Cooper is in Dallas for the same reason the State Fair of Texas is—"true believer" businessmen made him an offer he couldn't refuse. The former aerospace physician carries on his life's work in Big D because Tyler Corporation, the trucking and manufacturing giant, bought the site and built the plant for Cooper in a unique form of community philantropy. Each October Tyler sponsors a two-mile timed run for upper management types at the Center. Companies such as TWA, Omega Alpha, and Schlitz field their own teams, run in 15-man heats and are highly competitive.

Before beginning an aerobic program, each member must undergo a complete physical evaluation in the Cooper Clinic. So, hooked up to E KG monitoring leads, his heart throbbing with electronic beeps, Dixon mounted the inclined treadmill to test the upper limits of his cardiac work capacity. He panted his way through the required stress test, flagged at 12.5 minutes and seeded himself to the bottom rung in fitness. Today he can endure the tread-mill test for 20 minutes, a strong performance. Cooper classifies an offensive lineman pro football player as "highly conditioned" who can go 22 minutes on the treadmill, 25 minutes for defensive backfield.

To determine the amount of fat on his stocky body, Dixon submitted to three dunks (for an average) in an underwater displacement tank. Fifteen to 19 per cent fat is allowable for men. Women can have 22 per cent. The clinic offers three grades of exams: Type III, the most complete, takes two days, costs $315 including GI X-rays and a glucose tolerance test. Staff docs go over results, prescribe a health program and custom tailor an exercise plan. Out-of-towners, who make up 40 per cent of clinic traffic, get mailed reports.

As a member of the Center, Dixon automatically turned subject for The Dallas Study, Cooper's long-range computerized research attempt to correlate the effects of aerobic exercise on health. All data is processed in the non-profit Institute for Aerobic Research now housed in the Savings and Loan basement across the street. A grant from the Moody Foundation of Galveston is underwriting the statistical analysis of medical records to prove whether or not programmed exercise can reduce cardiovascular disease, lung ailments, ulcers, and even mental disorders.

What makes Dixon run? Ken Cooper, of course, got him going. Lean and intense, the doctor's ardor infects staff and members. Possessed of drive as strong as his high-income prime-movers, Cooper will run with anybody ready when he is. On the track he goads and paces. A champion miler (4 minutes, 31 seconds) back in Oklahoma, he can pull out peak performances leading the pack. Outside the Center is a different story. Cooper gave up dashing around in public on the lecture circuit when he found each stopover had a challenger ready for a showdown.

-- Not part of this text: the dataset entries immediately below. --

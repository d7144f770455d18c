-- ===== src/Kernel/PageTable/Source.antt =====
-- `kalloc` of pset4/kernel.cc as the allocator that `vmiter::map` of pset4/k-vmiter.cc takes its pages
-- from. A page is held when it has an owner.
use mathlib.Core.Path.{subst}
use cs61_f18_psets.Base.{
  ℕ, zero, suc, ◌+◌, ◌/◌, ◌%◌, ◌^◌, ◌<◌, ◌≡◌, refl, sym, ap, ◌∙◌, Bool, true, false, not, ◌&&◌,
  Option, none, some, some-inj, ltb, ◌==◌, Bool-cases, Option-cases, inl, inr, length, List, get_or,
  ==_iff, arith,
}
use cs61_f18_psets.Kernel.Machine.{Kernel, page_size, npages, memsize_physical}
use cs61_f18_psets.Kernel.Memory.{kalloc, kalloc_loop, owner_of, claim}
use cs61_f18_psets.Kernel.Memory.Alloc.{is_free, FirstFree, Allocates-of, Kalloc, kalloc_total}
use cs61_f18_psets.Kernel.Memory.Pages.{Given, kalloc-Given, allocatable_bounds}
use cs61_f18_psets.Kernel.PageTable.Map.{PageSource}

-- A kernel whose table of pages has its size and whose allocator stands at the start of a page.
abbrev pub Usable : Type 0
Usable = (k : Kernel) × (length k.owners ≡ npages) × (k.next_alloc_pa % page_size ≡ 0)

abbrev pub is_held : Kernel → ℕ → Bool
is_held k p = not (owner_of k p == 0)

pub held-free :
    (k : Kernel) (c : Bool) (p : ℕ) → (c && (owner_of k p == 0)) ≡ true → is_held k p ≡ false
held-free k c p h = ground arith

pub held_by_kernel : (k : Kernel) (p : ℕ) → owner_of k p ≡ 255 → is_held k p ≡ true
held_by_kernel k p h = rw h refl

module _ (ke : ℕ) where
  -- `kalloc` always returns; out of fuel, this would be a null pointer.
  abbrev pub answer : Kernel → Option (Option ℕ × Kernel) → Option ℕ × Kernel
  answer k none = (none, k)
  answer k (some r) = r

  -- What `kalloc(PAGESIZE)` returns.
  abbrev pub take : Kernel → Option ℕ × Kernel
  take k = answer k (kalloc ke page_size k)

  take_total : (k : Kernel) → (kalloc_total ke page_size k).0 ≡ take k
  take_total k = sym (ap (answer k) (kalloc_total ke page_size k).1)

  pub take-kalloc : (k : Kernel) → kalloc ke page_size k ≡ some (take k)
  take-kalloc k = (kalloc_total ke page_size k).1 ∙ ap some (take_total k)

  kalloc_loop-aligned :
      (fuel : ℕ) (k : Kernel) (r : Option ℕ × Kernel)
      → k.next_alloc_pa % page_size ≡ 0
      → kalloc_loop ke fuel k ≡ some r
      → r.1.next_alloc_pa % page_size ≡ 0
  unfolding kalloc_loop claim
  kalloc_loop-aligned zero k r h e = cc e
  kalloc_loop-aligned (suc fuel) k r h e =
      let next = record k { next_alloc_pa = k.next_alloc_pa + page_size } in
      elim (Bool-cases (ltb k.next_alloc_pa memsize_physical)) [
        | inr past ↦
            subst (λ (q : Option ℕ × Kernel). q.1.next_alloc_pa % page_size ≡ 0)
              (some-inj (rw past at e)) h
        | inl inside ↦ elim (Bool-cases (is_free ke k k.next_alloc_pa)) [
          | inl free ↦
              subst (λ (q : Option ℕ × Kernel). q.1.next_alloc_pa % page_size ≡ 0)
                (some-inj (rw (inside, free) at e)) (omega (arith, h))
          | inr busy ↦ kalloc_loop-aligned fuel next r (omega (arith, h)) (rw (inside, busy) at e)
        ]
      ]

  pub take-aligned :
      (k : Kernel) → k.next_alloc_pa % page_size ≡ 0 → (take k).1.next_alloc_pa % page_size ≡ 0
  unfolding kalloc
  take-aligned k h = kalloc_loop-aligned (suc npages) k (take k) h (take-kalloc k)

  pub take-Given :
      (p : ℕ) (k : Kernel)
      → length k.owners ≡ npages
      → (take k).0 ≡ some p
      → Given ke k (take k).1 p 255
  take-Given p k n e =
      kalloc-Given ke page_size p k (take k).1 n (take-kalloc k ∙ ap (λ o. some (o, (take k).1)) e)

  Kalloc-owners :
      (k : Kernel) (r : Option ℕ × Kernel)
      → Kalloc ke page_size k r
      → r.0 ≡ none
      → r.1.owners ≡ k.owners
  Kalloc-owners k (some p, k') a e = cc e
  Kalloc-owners k (none, k') (inl (lt, same)) e = absurd (omega (arith, lt))
  Kalloc-owners k (none, k') (inr (fits, (full, same))) e = ap (λ (q : Kernel). q.owners) same

  take-owners : (k : Kernel) → (take k).0 ≡ none → (take k).1.owners ≡ k.owners
  take-owners k e =
      Kalloc-owners k (take k)
        (subst (Kalloc ke page_size k) (take_total k) (kalloc_total ke page_size k).2) e

  pub take-pages : (k : Kernel) → length k.owners ≡ npages → length (take k).1.owners ≡ npages
  take-pages k n = elim (Option-cases (take k).0) [
    | inl out ↦ ap length (take-owners k out) ∙ n
    | inr (p, given) ↦ (take-Given p k n given).pages ∙ n
  ]

  pub take-keeps :
      (p : ℕ) (k : Kernel)
      → length k.owners ≡ npages
      → is_held k p ≡ true
      → is_held (take k).1 p ≡ true
  take-keeps p k n held = elim (Option-cases (take k).0) [
    | inl out ↦
        ap (λ (s : List ℕ). not (get_or s (p / page_size) 0 == 0)) (take-owners k out) ∙ held
    | inr (q, given) ↦
        let g = take-Given q k n given in
        elim (Bool-cases (p / page_size == q / page_size)) [
          | inl same ↦
              let e = (==_iff (p / page_size) (q / page_size)).0 same in
              held_by_kernel (take k).1 p (ap (λ i. get_or (take k).1.owners i 0) e ∙ g.owned)
          | inr other ↦
              ap (λ o. not (o == 0)) (g.others p (λ e. cc ((==_iff _ _).1 e, other))) ∙ held
        ]
  ]

  pub FirstFree-aligned :
      (k : Kernel) (p : ℕ) → k.next_alloc_pa % page_size ≡ 0 → FirstFree ke k p → p % page_size ≡ 0
  FirstFree-aligned k p h (n, at, free, before) = omega (arith, at, h)

  pub free-small : (k : Kernel) (p : ℕ) → is_free ke k p ≡ true → p < 2 ^ 51
  free-small k p h = omega (arith, allocatable_bounds ke p (ground arith))

  -- The kernel's allocator, as `map` uses it.
  abbrev pub kernel_pages : PageSource
  kernel_pages = record {
    State = Usable;
    kalloc = λ (k, n, h). ((take k).0, ((take k).1, take-pages k n, take-aligned k h));
    holds = λ (k, n, h) p. is_held k p;
    kalloc_aligned = λ p (k, n, h) e. (
      FirstFree-aligned k p h
          (Allocates-of ke page_size p k (take k).1
            (take-kalloc k ∙ ap (λ o. some (o, (take k).1)) e)).0,
      free-small k p (take-Given p k n e).was_free,
    );
    kalloc_new = λ p (k, n, h) e. (
      held-free k _ p (take-Given p k n e).was_free,
      held_by_kernel (take k).1 p (take-Given p k n e).owned,
    );
    kalloc_keeps = λ p (k, n, h) held. take-keeps p k n held;
  }
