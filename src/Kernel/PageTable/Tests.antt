-- ===== src/Kernel/PageTable/Tests.antt =====
-- Page tables that are walked and filled.
use cs61_f18_psets.Base.{ℕ, ◌≡◌, ◌%◌, Option, some, refl, ◌∙◌, length, length-set}
use cs61_f18_psets.Kernel.Machine.{Kernel, npages, Outcome, done}
use cs61_f18_psets.Kernel.PageTable.{
  Vmiter, pageindex, is_present, is_table, pa_bits, down_loop, down, real_find, vmiter, pa,
  pageoffset,
}
use cs61_f18_psets.Kernel.PageTable.Walk.{real_find_lem}
use cs61_f18_psets.Kernel.PageTable.Map.{PageSource, Mapping, map_loop, map, refused, table_entry}
use cs61_f18_psets.Kernel.PageTable.Source.{Usable, kernel_pages}
use cs61_f18_psets.Kernel.Boot.{boot_state, boot_state-IsValid}
use cs61_f18_psets.Kernel.Memory.{claim, kalloc, kalloc_loop, allocatable_physical_address}

-- The kernel has taken one page, at 0x1000, for the table.
abbrev one_page : Kernel
one_page = claim 0x1000 255 (record (boot_state (λ a. 170)) { next_alloc_pa = 0x2000 })

one_page-pages : length one_page.owners ≡ npages
unfolding claim
one_page-pages = length-set _ 1 _ ∙ (boot_state-IsValid (λ a. 170)).pages

one_page-aligned : one_page.next_alloc_pa % 4096 ≡ 0
unfolding claim
one_page-aligned = refl

abbrev booted : Usable
booted = (one_page, one_page-pages, one_page-aligned)

abbrev source : PageSource
source = kernel_pages 0x52000

abbrev empty : ℕ → ℕ
empty a = 0

-- The table at 0x1000, at the address 0x100000.
abbrev start : Vmiter
start = record { pt = 0x1000; pep = 0x1000; level = 3; perm_bits = 0xFFF; va = 0x100000 }

start_run : vmiter empty 0x1000 0x100000 ≡ start
unfolding vmiter real_find down down_loop is_table is_present pageindex pa_bits
start_run = refl

abbrev after : Option (Outcome (Mapping source)) → Vmiter × (ℕ → ℕ)
after (some (done (good, it, entries, st))) = (it, entries)
after _ = (start, empty)

-- Three pages are added, and the address reads back.
map_run :
    (let r = after (map source 0x5000 7 start empty booted) in pa r.1 (vmiter r.1 0x1000 0x100123))
    ≡ 0x5123
unfolding map map_loop refused table_entry vmiter real_find down down_loop is_table is_present
    pageindex pa_bits pa pageoffset claim boot_state kalloc kalloc_loop allocatable_physical_address
map_run = refl

abbrev filled : ℕ → ℕ
filled = (after (map source 0x5000 7 start empty booted)).1

real_find_example :
    real_find filled 0x300000 (vmiter filled 0x1000 0x100000) ≡ vmiter filled 0x1000 0x300000
real_find_example = real_find_lem filled 0x1000 0x100000 0x300000 refl
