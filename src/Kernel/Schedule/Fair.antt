-- ===== src/Kernel/Schedule/Fair.antt =====
-- Fairness of `schedule` of pset4/kernel.cc: round robin from the current process on.
use mathlib.Core.Path.{subst}
use native.Mathlib.Decide.{dec_lt}
use cs61_f18_psets.Base.{
  ℕ, zero, suc, ◌+◌, ◌%◌, ◌≤◌, ◌<◌, ◌≡◌, ◌⊎◌, ◌-◌, refl, sym, Bool, true, false, Bool-cases, inl,
  inr, arith,
}
use cs61_f18_psets.Kernel.Machine.{Kernel, nproc}
use cs61_f18_psets.Kernel.Schedule.{
  user, spinning, run, schedule_loop, schedule, proc_of, is_runnable,
}

abbrev pub runnable : Kernel → ℕ → Bool
runnable k i = is_runnable (proc_of k i).state

-- The process `d + 1` slots after `pid`, round the table.
abbrev pub after : ℕ → ℕ → ℕ
after pid d = (pid + suc d) % nproc

after-zero : (pid : ℕ) → after pid 0 ≡ (pid + 1) % nproc
after-zero pid = omega arith

after-suc : (pid d : ℕ) → after (after pid 0) d ≡ after pid (suc d)
after-suc pid d = omega arith

-- If the process `d + 1` slots on is the first runnable one, the loop runs it, with more than `d`
-- spins.
loop_first :
    (spins pid d : ℕ) (k : Kernel)
    → d < spins
    → runnable k (after pid d) ≡ true
    → ((e : ℕ) → e < d → runnable k (after pid e) ≡ false)
    → schedule_loop spins pid k ≡ user (after pid d) (record k { current = after pid d })
unfolding schedule_loop run
loop_first zero pid d k lt on before = absurd (omega arith)
loop_first (suc spins) pid zero k lt on before = rw (← after-zero pid, on) refl
loop_first (suc spins) pid (suc d) k lt on before =
    rw (sym (after-zero pid), before 0 (omega arith))
      (subst (λ j. schedule_loop spins (after pid 0) k ≡ user j (record k { current = j }))
        (after-suc pid d)
        (loop_first spins (after pid 0) d k (omega arith) (rw (after-suc pid d) on)
          (λ e h. rw (after-suc pid e) (before (suc e) (omega arith)))))

loop_idle :
    (spins pid : ℕ) (k : Kernel)
    → ((i : ℕ) → i < nproc → runnable k i ≡ false)
    → schedule_loop spins pid k ≡ spinning
unfolding schedule_loop
loop_idle zero pid k idle = refl
loop_idle (suc spins) pid k idle =
    rw (idle ((pid + 1) % nproc) (omega arith)) (loop_idle spins ((pid + 1) % nproc) k idle)

up_to :
    (k : Kernel) (pid n : ℕ)
    → ((e : ℕ) → e < n → runnable k (after pid e) ≡ false)
    → runnable k (after pid n) ≡ false
    → (e : ℕ) → Dec (e < n)
    → e < suc n
    → runnable k (after pid e) ≡ false
up_to k pid n before off e (yes lt) h = before e lt
up_to k pid n before off e (no ge) h =
    let same : n ≡ e = omega arith in subst (λ j. runnable k (after pid j) ≡ false) same off

round_table : (pid i : ℕ) → i < nproc → after pid ((i + 15 + 16 - pid % 16) % 16) ≡ i
round_table pid i h = omega arith

-- The first runnable process among the next `n`, if there is one.
first_runnable :
    (k : Kernel) (pid n : ℕ)
    → ((d : ℕ) × (d < n)
        × (runnable k (after pid d) ≡ true)
        × ((e : ℕ) → e < d → runnable k (after pid e) ≡ false))
      ⊎ ((e : ℕ) → e < n → runnable k (after pid e) ≡ false)
first_runnable k pid zero = inr (λ e h. absurd (omega arith))
first_runnable k pid (suc n) = elim (first_runnable k pid n) [
  | inl (d, lt, on, before) ↦ inl (d, omega arith, on, before)
  | inr none_yet ↦ elim (Bool-cases (runnable k (after pid n))) [
    | inl on ↦ inl (n, omega arith, on, none_yet)
    | inr off ↦ inr (λ e h. up_to k pid n none_yet off e (dec_lt e n) h)
  ]
]

-- While any process is runnable, `schedule` reaches a runnable process within one turn round the
-- table; while none is, it spins for ever.
pub schedule_total :
    (spins : ℕ) (k : Kernel)
    → nproc ≤ spins
    → ((j : ℕ) × (j < nproc)
        × (runnable k j ≡ true)
        × (schedule spins k ≡ user j (record k { current = j })))
      ⊎ (((i : ℕ) → i < nproc → runnable k i ≡ false) × ((n : ℕ) → schedule n k ≡ spinning))
unfolding schedule
schedule_total spins k h =
    let pid = (proc_of k k.current).pid in
    elim (first_runnable k pid nproc) [
      | inl (d, lt, on, before) ↦
          inl (after pid d, omega arith, on, loop_first spins pid d k (omega arith) on before)
      | inr all_off ↦
          let idle : (i : ℕ) → i < nproc → runnable k i ≡ false = λ i b.
            subst (λ j. runnable k j ≡ false) (round_table pid i b)
              (all_off ((i + 15 + 16 - pid % 16) % 16) (omega arith)) in
          inr (idle, λ n. loop_idle n pid k idle)
    ]
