-- ===== src/Libc/Mem.antt =====
-- `memcpy`, `memmove` and `memset` of pset4/lib.cc, over a memory of bytes. An address is a number, and
-- the areas do not wrap round the end of the address space.
use cs61_f18_psets.Base.{
  ℕ, zero, suc, ◌+◌, ◌-◌, ◌%◌, ◌≤◌, ◌<◌, ◌≡◌, ◌⊎◌, ◌∙◌, Bool, ◌&&◌, Bool-cases, inl, inr, ltb, leb,
  ◌==◌, arith, if◌then◌else◌,
}

abbrev pub Memory : Type 0
Memory = ℕ → ℕ

-- `*d = c`.
abbrev pub store : Memory → ℕ → ℕ → Memory
store m d c a = if a == d then c else m a

-- `for (; n > 0; --n, ++s, ++d) *d = *s;`
unfoldable pub copy_up : ℕ → Memory → ℕ → ℕ → Memory
copy_up zero m d s = m
copy_up (suc n) m d s = copy_up n (store m d (m s)) (d + 1) (s + 1)

-- `while (n-- > 0) *--d = *--s;`, from the ends of areas that start at `d` and `s`.
unfoldable pub copy_down : ℕ → Memory → ℕ → ℕ → Memory
copy_down zero m d s = m
copy_down (suc n) m d s = copy_down n (store m (d + n) (m (s + n))) d s

unfoldable pub memcpy : Memory → ℕ → ℕ → ℕ → Memory
memcpy m dst src n = copy_up n m dst src

unfoldable pub memmove : Memory → ℕ → ℕ → ℕ → Memory
memmove m dst src n =
    if ltb src dst && ltb dst (src + n) then copy_down n m dst src else copy_up n m dst src

-- `c` is converted to a byte.
unfoldable pub memset : Memory → ℕ → ℕ → ℕ → Memory
memset m v c zero = m
memset m v c (suc n) = memset (store m v (c % 256)) (v + 1) c n

abbrev pub inside : ℕ → ℕ → ℕ → Bool
inside d n a = leb d a && ltb a (d + n)

-- The bytes at `src` as they were, moved to `dst`, and all others as they were.
abbrev pub Moved : Memory → ℕ → ℕ → ℕ → Memory → Type 0
Moved m dst src n m' = (a : ℕ) → m' a ≡ (if inside dst n a then m (src + (a - dst)) else m a)

up_step :
    (n : ℕ) (m : Memory) (d s a : ℕ)
    → (d ≤ s) ⊎ (s + suc n ≤ d)
    → (if inside (d + 1) n a then store m d (m s) ((s + 1) + (a - (d + 1))) else store m d (m s) a)
      ≡ (if inside d (suc n) a then m (s + (a - d)) else m a)
up_step n m d s a h = ground arith

down_step :
    (n : ℕ) (m : Memory) (d s a : ℕ)
    → s < d
    → (if inside d n a
        then store m (d + n) (m (s + n)) (s + (a - d))
        else store m (d + n) (m (s + n)) a)
      ≡ (if inside d (suc n) a then m (s + (a - d)) else m a)
down_step n m d s a h = ground arith

copy_up-Moved :
    (n : ℕ) (m : Memory) (d s : ℕ) → (d ≤ s) ⊎ (s + n ≤ d) → Moved m d s n (copy_up n m d s)
unfolding copy_up
copy_up-Moved zero m d s h a = ground arith
copy_up-Moved (suc n) m d s h a =
    copy_up-Moved n (store m d (m s)) (d + 1) (s + 1) (omega arith) a ∙ up_step n m d s a h

copy_down-Moved : (n : ℕ) (m : Memory) (d s : ℕ) → s < d → Moved m d s n (copy_down n m d s)
unfolding copy_down
copy_down-Moved zero m d s h a = ground arith
copy_down-Moved (suc n) m d s h a =
    copy_down-Moved n (store m (d + n) (m (s + n))) d s h a ∙ down_step n m d s a h

-- `memmove` moves the bytes of the source, whether or not the areas overlap, and changes no other byte.
pub memmove-Moved : (m : Memory) (dst src n : ℕ) → Moved m dst src n (memmove m dst src n)
unfolding memmove
memmove-Moved m dst src n = elim (Bool-cases (ltb src dst && ltb dst (src + n))) [
  | inl e ↦ rw e (copy_down-Moved n m dst src (ground arith))
  | inr e ↦ rw e (copy_up-Moved n m dst src (ground arith))
]

-- `memcpy` does so where the destination does not lie inside the source behind its start.
pub memcpy-Moved :
    (m : Memory) (dst src n : ℕ)
    → (dst ≤ src) ⊎ (src + n ≤ dst)
    → Moved m dst src n (memcpy m dst src n)
unfolding memcpy
memcpy-Moved m dst src n h = copy_up-Moved n m dst src h

-- `memset` fills its area with the low byte of `c` and changes no other byte.
pub memset_lem :
    (n : ℕ) (m : Memory) (v c a : ℕ) → memset m v c n a ≡ (if inside v n a then c % 256 else m a)
unfolding memset
memset_lem zero m v c a = ground arith
memset_lem (suc n) m v c a = ground (arith, memset_lem n (store m v (c % 256)) (v + 1) c a)
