-- ===== src/Libc/Compare.antt =====
-- `memcmp`, `strlen`, `strnlen`, `strcmp`, `strncmp` and `strchr` of pset4/lib.cc. A C string is the
-- list of the bytes before its terminator, none of which is zero.
use native.Mathlib.Nat.{add-zero}
use cs61_f18_psets.Base.{
  ℕ, zero, suc, ◌+◌, ◌%◌, ◌<◌, ◌≡◌, ◌↔◌, refl, sym, ap, ◌∙◌, Option, none, some, List, [], ◌∷◌,
  take, ltb, ◌==◌, ==_iff, arith, if◌then◌else◌,
}
use cs61_f18_psets.Base.Int.{ℤ, pos, negsuc, neg}
use cs61_f18_psets.Libc.Mem.{Memory}

-- `(x > y) - (x < y)` for two bytes.
unfoldable pub byte_order : ℕ → ℕ → ℤ
byte_order x y = if ltb y x then pos 1 else if ltb x y then negsuc 0 else pos 0

unfoldable pub memcmp : Memory → ℕ → ℕ → ℕ → ℤ
memcmp m a b zero = pos 0
memcmp m a b (suc n) =
    let rest = memcmp m (a + 1) (b + 1) n in if m a == m b then rest else byte_order (m a) (m b)

unfoldable pub strlen : List ℕ → ℕ
strlen [] = 0
strlen (c ∷ s) = strlen s + 1

unfoldable pub strnlen : List ℕ → ℕ → ℕ
strnlen s zero = 0
strnlen [] (suc n) = 0
strnlen (c ∷ s) (suc n) = strnlen s n + 1

unfoldable pub strcmp : List ℕ → List ℕ → ℤ
strcmp [] [] = byte_order 0 0
strcmp [] (d ∷ b) = byte_order 0 d
strcmp (c ∷ a) [] = byte_order c 0
strcmp (c ∷ a) (d ∷ b) = let rest = strcmp a b in if c == d then rest else byte_order c d

unfoldable pub strncmp : List ℕ → List ℕ → ℕ → ℤ
strncmp a b zero = pos 0
strncmp [] [] (suc n) = byte_order 0 0
strncmp [] (d ∷ b) (suc n) = byte_order 0 d
strncmp (c ∷ a) [] (suc n) = byte_order c 0
strncmp (c ∷ a) (d ∷ b) (suc n) =
    let rest = strncmp a b n in if c == d then rest else byte_order c d

-- The offset of the first `c` in the string, the terminator included.
unfoldable pub strchr : List ℕ → ℕ → Option ℕ
strchr [] c = if c % 256 == 0 then some 0 else none
strchr (d ∷ s) c =
    let rest = strchr s c in
    if d == c % 256 then some 0 else elim rest [ none ↦ none | some i ↦ some (i + 1) ]

abbrev pub NonZero : List ℕ → Type 0
NonZero [] = Unit {0}
NonZero (c ∷ s) = (0 < c) × NonZero s

byte_order-neg : (x y : ℕ) → byte_order y x ≡ neg (byte_order x y)
unfolding byte_order neg
byte_order-neg x y = ground arith

byte_order-zero : (x y : ℕ) → byte_order x y ≡ pos 0 → x ≡ y
unfolding byte_order
byte_order-zero x y h = ground arith

strcmp_zero : (a b : List ℕ) → NonZero a → NonZero b → strcmp a b ≡ pos 0 → a ≡ b
unfolding strcmp
strcmp_zero [] [] ha hb h = refl
strcmp_zero [] (d ∷ b) ha hb h = absurd (omega (arith, byte_order-zero 0 d h, hb.0))
strcmp_zero (c ∷ a) [] ha hb h = absurd (omega (arith, byte_order-zero c 0 h, ha.0))
strcmp_zero (c ∷ a) (d ∷ b) ha hb h = ground (arith, strcmp_zero a b ha.1 hb.1, byte_order-zero c d)

strcmp_same : (a : List ℕ) → strcmp a a ≡ pos 0
unfolding strcmp byte_order
strcmp_same [] = refl
strcmp_same (c ∷ a) = rw ((==_iff c c).1 refl) (strcmp_same a)

strcmp_eq : (a b : List ℕ) → a ≡ b → strcmp a b ≡ pos 0
strcmp_eq a b e = rw (← e) (strcmp_same a)

strcmp-neg : (a b : List ℕ) → strcmp b a ≡ neg (strcmp a b)
unfolding strcmp
strcmp-neg [] [] = byte_order-neg 0 0
strcmp-neg [] (d ∷ b) = byte_order-neg 0 d
strcmp-neg (c ∷ a) [] = byte_order-neg c 0
strcmp-neg (c ∷ a) (d ∷ b) = ground (arith, strcmp-neg a b, byte_order-neg c d)

shift : (a i : ℕ) → a + suc i ≡ a + 1 + i
shift a i = omega arith

memcmp_same :
    (m : Memory) (a b n : ℕ) → memcmp m a b n ≡ pos 0 → (i : ℕ) → i < n → m (a + i) ≡ m (b + i)
unfolding memcmp
memcmp_same m a b zero h i lt = absurd (omega arith)
memcmp_same m a b (suc n) h zero lt =
    ap m (add-zero a) ∙ ground (arith, byte_order-zero (m a) (m b)) ∙ sym (ap m (add-zero b))
memcmp_same m a b (suc n) h (suc i) lt =
    ap m (shift a i)
    ∙ memcmp_same m (a + 1) (b + 1) n (ground (arith, byte_order-zero (m a) (m b))) i (omega arith)
    ∙ sym (ap m (shift b i))

same_memcmp :
    (m : Memory) (a b n : ℕ) → ((i : ℕ) → i < n → m (a + i) ≡ m (b + i)) → memcmp m a b n ≡ pos 0
unfolding memcmp
same_memcmp m a b zero h = refl
same_memcmp m a b (suc n) h =
    let first : m a ≡ m b = sym (ap m (add-zero a)) ∙ h 0 (omega arith) ∙ ap m (add-zero b) in
    rw ((==_iff (m a) (m b)).1 first) (
      same_memcmp m (a + 1) (b + 1) n
        (λ i lt. sym (ap m (shift a i)) ∙ h (suc i) (omega arith) ∙ ap m (shift b i)))

-- `strcmp` answers 0 exactly on equal strings, and changes its sign when they are swapped.
pub strcmp_lem :
    (a b : List ℕ)
    → NonZero a
    → NonZero b
    → ((strcmp a b ≡ pos 0) ↔ (a ≡ b)) × (strcmp b a ≡ neg (strcmp a b))
strcmp_lem a b ha hb = ((strcmp_zero a b ha hb, strcmp_eq a b), strcmp-neg a b)

-- `strncmp` compares the first `n` bytes as `strcmp` compares strings.
pub strncmp-take : (a b : List ℕ) (n : ℕ) → strncmp a b n ≡ strcmp (take n a) (take n b)
unfolding strncmp strcmp byte_order
strncmp-take a b zero = refl
strncmp-take [] [] (suc n) = refl
strncmp-take [] (d ∷ b) (suc n) = refl
strncmp-take (c ∷ a) [] (suc n) = refl
strncmp-take (c ∷ a) (d ∷ b) (suc n) = rw (strncmp-take a b n) refl

-- `memcmp` answers 0 exactly when the two areas hold the same bytes.
pub memcmp_zero :
    (m : Memory) (a b n : ℕ) → (memcmp m a b n ≡ pos 0) ↔ ((i : ℕ) → i < n → m (a + i) ≡ m (b + i))
memcmp_zero m a b n = (memcmp_same m a b n, same_memcmp m a b n)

The Roman Bath quality of the Center and the high price of his preventive medicine leave Cooper open to the charge of elitism, but the doctor hopes to introduce his methodology across the social board. He is interested in geriatric applications and wants to know how exercise figures in mental health. His program has proven results among sightless kids (usually underactive) and asthmatics (generally supercautious about exercising). The Fort Worth school system is adopting the Cooper approach, and in Tulsa, Oral Roberts University will soon boast of its own aerobics center.

If there is a pleasure dome appearance to the million-dollar center, it is off-set by the real exertion acted out there. Preventive medicine is just coming on. You can't get a degree in PM. It is a new frontier. And if bands of Dallas high-rollers dog-trotting on the double is not without comic value, the record stands: of the 3000 men and women cleared for exercise, not one has yet suffered the pain and alarm of what one victim later described as feeling like an elephant standing on his chest—a heart attack.